For multiple sequence alignment, we used MUSCLE command line. Please download the proper version of the software from http://www.drive5.com/muscle/downloads.htm and put it in your home directory (since the code calls this software from you ~/ directory) (the 64-bit Linux version is already included in the "include" folder of this repository). LSH_clustering.ipynb is written for linux, so if you are using another operating system, after downloading the proper version of MUSCLE software and putting it in the home directory, you need to change "muscle_exe" in the "multiple_alignment_muscle" function to the name of the file you dowloaded.
The "data" folder contains two files and a link to a third file containing the sequencing data:
File_1.zip: if you choose to run the code for a simulated dataset, this file will be loaded.
File1_ODNA.txt and the link to the noisy reads: if you choose to run the code for the synthesized data, these 2 files will be loaded.
Note that you need to download all 3 files and put them in the "data" folder in your main directory.

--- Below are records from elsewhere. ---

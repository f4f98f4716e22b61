-- ===== src/Board/Pads.antt =====
-- The modes of the pads after `boardInit`.
use nfcee_fw.Base.{
  ℕ, ◌≤◌, ◌<◌, ◌≡◌, refl, ap, ◌∙◌, arith, Bool, true, false, not, ltb, ◌&&◌, Bool-cases, ==_refl,
  inl, inr, sym, Option, some, List, [], ◌∷◌, ◌==◌, if◌then◌else◌, length,
}
use mathlib.Core.Bool.{false≢true}
use nfcee_fw.Run.{Must, Must-map, Must->>=}
use nfcee_fw.Gpio.{Port, gpio_port, gpio_pad}
use nfcee_fw.Gpio.Mode.{Mode, mode_of}
use nfcee_fw.Gpio.PortModes.{port_pad_mode, IsPadUpdated, set_pad_mode_of-IsPadUpdated}
use nfcee_fw.Board.{Pad, configure_pads}

-- What a pad's mode is after a list of lines `CONFIGURE_PAD`, when it was `old` before: the last line
-- that names the pad decides.
abbrev pub wanted : List Pad → (r i : ℕ) → Option Mode → Option Mode
wanted [] r i old = old
wanted (pad ∷ pads) r i old =
    wanted pads r i (
      if (r == gpio_port pad.gpio) && (i == gpio_pad pad.gpio)
      then some (mode_of pad.mode)
      else old)

abbrev pub AreConfigured : List Pad → List Port → List Port → Type 0
AreConfigured pads ports ports' =
    (length ports' ≡ length ports)
    × ((r i : ℕ) → i < 16 → port_pad_mode ports' r i ≡ wanted pads r i (port_pad_mode ports r i))

-- All pads of the list are on ports that exist, which have 16 pads each.
abbrev pub ArePresent : List Pad → ℕ → Type 0
ArePresent [] n = Unit
ArePresent (pad ∷ pads) n = (gpio_port pad.gpio < n) × (gpio_pad pad.gpio < 16) × ArePresent pads n

pub configure_pads-AreConfigured :
    (pads : List Pad) (ports : List Port)
    → ArePresent pads (length ports)
    → Must (AreConfigured pads ports) (configure_pads pads ports)
unfolding configure_pads
configure_pads-AreConfigured [] ports h = (refl, λ r i small. refl)
configure_pads-AreConfigured (pad ∷ pads) ports h =
    Must->>= (IsPadUpdated pad.gpio pad.mode ports) (AreConfigured (pad ∷ pads) ports) _
      (configure_pads pads) (set_pad_mode_of-IsPadUpdated pad.gpio pad.mode ports h.0)
      (λ ports1 (same, updated).
        Must-map (AreConfigured pads ports1) (AreConfigured (pad ∷ pads) ports) _
          (λ ports2 (same', configured). (
            same' ∙ same,
            λ r i small. configured r i small ∙ ap (wanted pads r i) (updated r i small),
          ))
          (configure_pads-AreConfigured pads ports1 (rw same h.2)))

-- Whether a line names the pad.
abbrev pub names : List Pad → (r i : ℕ) → Bool
names [] r i = false
names (pad ∷ pads) r i =
    if (r == gpio_port pad.gpio) && (i == gpio_pad pad.gpio) then true else names pads r i

pub wanted-unnamed :
    (pads : List Pad) (r i : ℕ) (old : Option Mode)
    → names pads r i ≡ false
    → wanted pads r i old ≡ old
wanted-unnamed [] r i old h = refl
wanted-unnamed (pad ∷ pads) r i old h =
    elim (Bool-cases ((r == gpio_port pad.gpio) && (i == gpio_pad pad.gpio))) [
      | inl e ↦ absurd (false≢true (sym (rw e at h)))
      | inr e ↦ rw e (wanted-unnamed pads r i old (rw e at h))
    ]

-- No two lines name the same pad.
abbrev pub AreDistinct : List Pad → Type 0
AreDistinct [] = Unit
AreDistinct (pad ∷ pads) =
    (names pads (gpio_port pad.gpio) (gpio_pad pad.gpio) ≡ false) × AreDistinct pads

-- Each pad of the list has the mode that its line gives.
abbrev pub HaveModes : List Pad → (ℕ → ℕ → Option Mode) → Type 0
HaveModes [] modes = Unit
HaveModes (pad ∷ pads) modes =
    (modes (gpio_port pad.gpio) (gpio_pad pad.gpio) ≡ some (mode_of pad.mode))
    × HaveModes pads modes

pub HaveModes-map :
    (pads : List Pad) (n : ℕ) (f g : ℕ → ℕ → Option Mode)
    → ArePresent pads n
    → ((r i : ℕ) → i < 16 → g r i ≡ f r i)
    → HaveModes pads f
    → HaveModes pads g
HaveModes-map [] n f g there same h = tt
HaveModes-map (pad ∷ pads) n f g there same h = (
  same (gpio_port pad.gpio) (gpio_pad pad.gpio) there.1 ∙ h.0,
  HaveModes-map pads n f g there.2 same h.1,
)

pub wanted-HaveModes :
    (pads : List Pad) (old : ℕ → ℕ → Option Mode)
    → AreDistinct pads
    → HaveModes pads (λ r i. wanted pads r i (old r i))
wanted-HaveModes [] old h = tt
wanted-HaveModes (pad ∷ pads) old h =
    let q = gpio_port pad.gpio in
    let k = gpio_pad pad.gpio in
    (
      wanted-unnamed pads q k _ h.0 ∙ rw (==_refl q, ==_refl k) refl,
      wanted-HaveModes pads
          (λ r i.
            if (r == gpio_port pad.gpio) && (i == gpio_pad pad.gpio)
            then some (mode_of pad.mode)
            else old r i)
          h.1,
    )

-- The two conditions on a list of lines as tests.
abbrev pub all_distinct : List Pad → Bool
all_distinct [] = true
all_distinct (pad ∷ pads) =
    not (names pads (gpio_port pad.gpio) (gpio_pad pad.gpio)) && all_distinct pads

pub all_distinct-AreDistinct : (pads : List Pad) → all_distinct pads ≡ true → AreDistinct pads
all_distinct-AreDistinct [] h = tt
all_distinct-AreDistinct (pad ∷ pads) h =
    let (here, rest) = both _ _ h in (here, all_distinct-AreDistinct pads rest)
  where
    both : (a b : Bool) → (not a && b) ≡ true → (a ≡ false) × (b ≡ true)
    both a b e = ground arith

abbrev pub all_present : List Pad → Bool
all_present [] = true
all_present (pad ∷ pads) =
    ltb (gpio_port pad.gpio) 4 && (ltb (gpio_pad pad.gpio) 16 && all_present pads)

pub all_present-ArePresent :
    (pads : List Pad) (n : ℕ) → 4 ≤ n → all_present pads ≡ true → ArePresent pads n
all_present-ArePresent [] n h e = tt
all_present-ArePresent (pad ∷ pads) n h e =
    let (port, number, rest) =
      parts (gpio_port pad.gpio) (gpio_pad pad.gpio) (all_present pads) e in
    (port, number, all_present-ArePresent pads n h rest)
  where
    parts :
        (q k : ℕ) (b : Bool) → (ltb q 4 && (ltb k 16 && b)) ≡ true → (q < n) × (k < 16) × (b ≡ true)
    parts q k b t = ground arith
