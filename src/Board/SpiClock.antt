-- ===== src/Board/SpiClock.antt =====
-- The divisor of the SPI clock that the preprocessor chooses in board/board.c.
use mathlib.Core.Path.{subst}
use nfcee_fw.Base.{
  ℕ, suc, ◌+◌, ◌*◌, ◌/◌, ◌^◌, ◌≤◌, ◌<◌, ◌≡◌, arith, Option, none, some, true, false, leb, ◌==◌,
  if◌then◌else◌, inl, inr, Bool-cases,
}
use nfcee_fw.Board.{
  Baud, no_bits, bit_0, bit_1, bits_1_0, bit_2, bits_2_0, bits_2_1, bits_2_1_0, baud_rate,
}

-- The three bits as the chip reads them: a number `n`, for a clock divided by 2 ^ (n + 1).
abbrev pub number : Baud → ℕ
number no_bits = 0
number bit_0 = 1
number bit_1 = 2
number bits_1_0 = 3
number bit_2 = 4
number bits_2_0 = 5
number bits_2_1 = 6
number bits_2_1_0 = 7

abbrev pub divided : ℕ → ℕ → ℕ
divided pclk n = pclk / 2 ^ (n + 1)

-- The fastest rate that the limit allows, or none where even the slowest is too fast.
abbrev pub IsFastest : ℕ → ℕ → Option Baud → Type 0
IsFastest pclk clock none = (n : ℕ) → n < 8 → clock < divided pclk n
IsFastest pclk clock (some baud) =
    (divided pclk (number baud) ≤ clock) × ((n : ℕ) → n < number baud → clock < divided pclk n)

module _ (pclk clock : ℕ) where
  abbrev IsTooFast : ℕ → Type 0
  IsTooFast k = (n : ℕ) → n < k → clock < divided pclk n

  IsTooFast-suc : (k : ℕ) → IsTooFast k → clock < divided pclk k → IsTooFast (suc k)
  IsTooFast-suc k before here n h = elim (Bool-cases (n == k)) [
    | inl e ↦ let same : n ≡ k = ground arith in rw same here
    | inr e ↦ before n (ground arith)
  ]

  -- One link of the chain, where all greater rates were too fast.
  link :
      (baud : Baud) (rest : Option Baud)
      → IsTooFast (number baud)
      → (IsTooFast (suc (number baud)) → IsFastest pclk clock rest)
      → IsFastest pclk clock (if leb (divided pclk (number baud)) clock then some baud else rest)
  link baud rest before after = elim (Bool-cases (leb (divided pclk (number baud)) clock)) [
    | inl e ↦ rw e (fits _ e, before)
    | inr e ↦ rw e (after (IsTooFast-suc (number baud) before (exceeds _ e)))
  ]
    where
      fits : (rate : ℕ) → leb rate clock ≡ true → rate ≤ clock
      fits rate e = ground arith

      exceeds : (rate : ℕ) → leb rate clock ≡ false → clock < rate
      exceeds rate e = ground arith

-- The preprocessor chooses the fastest rate that does not exceed the limit for the clock it is told of,
-- and gives up exactly where a division by 256 is not enough.
pub baud_rate-IsFastest : (pclk clock : ℕ) → IsFastest pclk clock (baud_rate pclk clock)
unfolding baud_rate
baud_rate-IsFastest pclk clock =
    link pclk clock no_bits _ (λ n h. absurd (omega arith))
      λ f1. link pclk clock bit_0 _ f1 λ f2. link pclk clock bit_1 _ f2 λ f3.
        link pclk clock bits_1_0 _ f3 λ f4. link pclk clock bit_2 _ f4 λ f5.
          link pclk clock bits_2_0 _ f5
            λ f6. link pclk clock bits_2_1 _ f6 λ f7. link pclk clock bits_2_1_0 _ f7 λ f8. f8

-- Where the bus of the block has twice the clock that the choice was made for, every choice but the
-- smallest divisor gives a rate above the limit.
pub baud_rate_exceeds :
    (pclk1 pclk2 clock : ℕ) (baud : Baud)
    → baud_rate pclk1 clock ≡ some baud
    → 0 < number baud
    → 2 * pclk1 ≤ pclk2
    → clock < divided pclk2 (number baud)
baud_rate_exceeds pclk1 pclk2 clock baud chosen h double =
    exceeds baud h ((subst (IsFastest pclk1 clock) chosen (baud_rate-IsFastest pclk1 clock)).1)
  where
    exceeds :
        (b : Baud)
        → 0 < number b
        → ((n : ℕ) → n < number b → clock < divided pclk1 n)
        → clock < divided pclk2 (number b)
    exceeds no_bits k f = absurd (omega arith)
    exceeds bit_0 k f = omega (arith, f 0 (omega arith))
    exceeds bit_1 k f = omega (arith, f 1 (omega arith))
    exceeds bits_1_0 k f = omega (arith, f 2 (omega arith))
    exceeds bit_2 k f = omega (arith, f 3 (omega arith))
    exceeds bits_2_0 k f = omega (arith, f 4 (omega arith))
    exceeds bits_2_1 k f = omega (arith, f 5 (omega arith))
    exceeds bits_2_1_0 k f = omega (arith, f 6 (omega arith))
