-- ===== src/Board/Start.antt =====
-- `boardInit`: the modes of all pads afterwards.
use nfcee_fw.Base.{ℕ, ◌<◌, ◌≡◌, false, List, length}
use nfcee_fw.Gpio.{Port}
use nfcee_fw.Gpio.PortModes.{port_pad_mode}
use nfcee_fw.Board.{board_pads}
use nfcee_fw.Board.Pads.{HaveModes, names}

-- No pad of any port has another mode than before.
abbrev KeepsModes : List Port → List Port → Type 0
KeepsModes ports ports' =
    (length ports' ≡ length ports)
    × ((r i : ℕ) → port_pad_mode ports' r i ≡ port_pad_mode ports r i)

-- What holds of the ports after the start: each pad that `board.h` names has the mode given there, and
-- every pad that it does not name, of any port, has the mode it had.
pub record AreSetUp (ports ports' : List Port) : Type 0 where
  pub named : HaveModes board_pads (port_pad_mode ports')
  pub others :
      (r i : ℕ)
      → i < 16
      → names board_pads r i ≡ false
      → port_pad_mode ports' r i ≡ port_pad_mode ports r i
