-- ===== src/Board/Tests.antt =====
-- The board with the clocks that config/mcuconf.h sets up.
use nfcee_fw.Base.{ℕ, ◌*◌, ◌/◌, ◌<◌, ◌≡◌, refl, arith, List, [], ◌∷◌, some}
use nfcee_fw.Gpio.{Port}
use nfcee_fw.Board.{Machine, Drivers, Cr1, bit_2, baud_rate}
use nfcee_fw.Board.SpiClock.{IsFastest, divided, baud_rate-IsFastest, baud_rate_exceeds}

-- The PLL makes 8 MHz / 8 * 192 / 2, which the two prescalers divide by 4 and by 2.
abbrev sysclk : ℕ
sysclk = 8000000 / 8 * 192 / 2

abbrev pclk1 : ℕ
pclk1 = sysclk / 4

abbrev pclk2 : ℕ
pclk2 = sysclk / 2

abbrev spi_clock : ℕ
spi_clock = 1000000

divides_by_32 : baud_rate pclk1 spi_clock ≡ some bit_2
unfolding baud_rate
divides_by_32 = refl

baud_rate-IsFastest_example : IsFastest pclk1 spi_clock (baud_rate pclk1 spi_clock)
baud_rate-IsFastest_example = baud_rate-IsFastest pclk1 spi_clock

-- SPI1 is on the second bus: 1.5 MHz.
baud_rate_exceeds_example : spi_clock < divided pclk2 4
baud_rate_exceeds_example =
    baud_rate_exceeds pclk1 pclk2 spi_clock bit_2 divides_by_32 (omega arith) (omega arith)

abbrev analog_port : Port
analog_port = record {
  moder = 0xFFFFFFFF;
  otyper = 0;
  ospeedr = 0;
  pupdr = 0;
  idr = 0;
  odr = 0;
  bsrr_set = 0;
  bsrr_clear = 0;
  lckr = 0;
  afrl = 0;
  afrh = 0;
  brr = 0;
}

abbrev at_reset : Machine (List ℕ)
at_reset = record {
  rcc = record { ahb1enr = 0; ahb1lpenr = 0 };
  ports = analog_port ∷ analog_port ∷ analog_port ∷ analog_port ∷ [];
  drivers = [];
}

-- Drivers that write down what they are started with.
abbrev noted : Drivers (List ℕ)
noted = record { spi_start = λ cfg w. cfg.cr1 ∷ w; ext_start = λ channel w. channel ∷ w }

abbrev cr1 : Cr1
cr1 = record { cpha = 1; br_0 = 8; br_1 = 16; br_2 = 32 }
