-- ===== src/Strings/Trimming.antt =====
-- Trimming of a text, trimmed before or not.
use mathlib.Core.List.{reverse, reverse-append, reverse-reverse}
use kkode.Prelude.{
  ℕ, Bool, false, [], ◌∷◌, ◌++◌, ◌≡◌, refl, sym, ap, Bool-cases, inl, inr, ◌∙◌, subst,
}
use kkode.Strings.{Text, trim_left, trim, is_space, trim_space}

module _ (cut : ℕ → Bool) where
  -- The first code point, if there is one, is not cut.
  abbrev pub StartsKept : Text → Type 0
  StartsKept [] = Unit {0}
  StartsKept (c ∷ s) = cut c ≡ false

  trim_left-StartsKept : (s : Text) → StartsKept (trim_left cut s)
  unfolding trim_left
  trim_left-StartsKept [] = tt
  trim_left-StartsKept (c ∷ s) = elim (Bool-cases (cut c)) [
    | inl e ↦ rw e (trim_left-StartsKept s)
    | inr e ↦ rw e e
  ]

  trim_left_kept : (s : Text) → StartsKept s → trim_left cut s ≡ s
  unfolding trim_left
  trim_left_kept [] h = refl
  trim_left_kept (c ∷ s) h = rw h

  pub trim_left-back : (s : Text) → (w : Text) × (s ≡ w ++ trim_left cut s)
  unfolding trim_left
  trim_left-back [] = ([], refl)
  trim_left-back (c ∷ s) = elim (Bool-cases (cut c)) [
    | inl e ↦ let (w, q) = trim_left-back s in rw e (c ∷ w, ap (◌∷◌ c) q)
    | inr e ↦ rw e ([], refl)
  ]

  StartsKept-prefix : (s t : Text) → StartsKept (s ++ t) → StartsKept s
  StartsKept-prefix [] t h = tt
  StartsKept-prefix (c ∷ s) t h = h

  -- What is left stands in the text after what the left end loses.
  pub trim-front : (s : Text) → (w : Text) × (trim_left cut s ≡ trim cut s ++ w)
  unfolding trim
  trim-front s =
      let u = trim_left cut s in
      let (w, q) = trim_left-back (reverse u) in
      (
        reverse w,
        sym (reverse-reverse u) ∙ ap reverse q ∙ reverse-append w (trim_left cut (reverse u)),
      )

  pub trim-StartsKept : (s : Text) → StartsKept (trim cut s)
  trim-StartsKept s =
      let (w, q) = trim-front s in
      StartsKept-prefix _ w (subst StartsKept q (trim_left-StartsKept s))

  trim_idem : (s : Text) → trim cut (trim cut s) ≡ trim cut s
  trim_idem s =
      unfold trim in
      ap (λ t. reverse (trim_left cut (reverse t)))
        (trim_left_kept (trim cut s) (trim-StartsKept s))
      ∙ ap (λ v. reverse (trim_left cut v)) (reverse-reverse _)
      ∙ ap reverse (trim_left_kept _ (trim_left-StartsKept (reverse (trim_left cut s))))

pub trim_space_idem : (s : Text) → trim_space (trim_space s) ≡ trim_space s
unfolding trim_space
trim_space_idem s = trim_idem is_space s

Based on the runtimes measured on a 6-core server, you may decide which options you are willing to pick.
clustering method (→) data (↓) |
Trivial | LSH1 |
---|---|---|
Simulated | 6 mins | 18 mins |
Synthesized | 45 hrs | 120 hrs |
1 LSH recovers more original sequences compared to Trivial, but since both are able to recover enough (with respect to the redundancy in the Reed-Solomon codes) original sequences, both perfectly recover the original file stored on DNA. Hence, Trivial clustering might be a better choice in terms of the performance efficiency.
To reproduce the result, run the jupyter notebook LSH_clustering.ipynb, for example by running the following code in the command line:
jupyter notebook LSH_clustering.ipynb
All dependencies like the encoder/decoder are called from this notebook. The notebook has two options/flags:
SIMULATE (Demo): if you set this flag to "True," the code runs for a simulated dataset, otherwise it runs for a real synthesized dataset.
TRIVIAL: if you set this flag to "True," clustering will be done based on the first "nbeg" characters of the noisy reads, otherwise, Locality-Sesitive-Hashing (LSH) techinque will be employed for clustering.
This project is covered by Apache 2.0 License.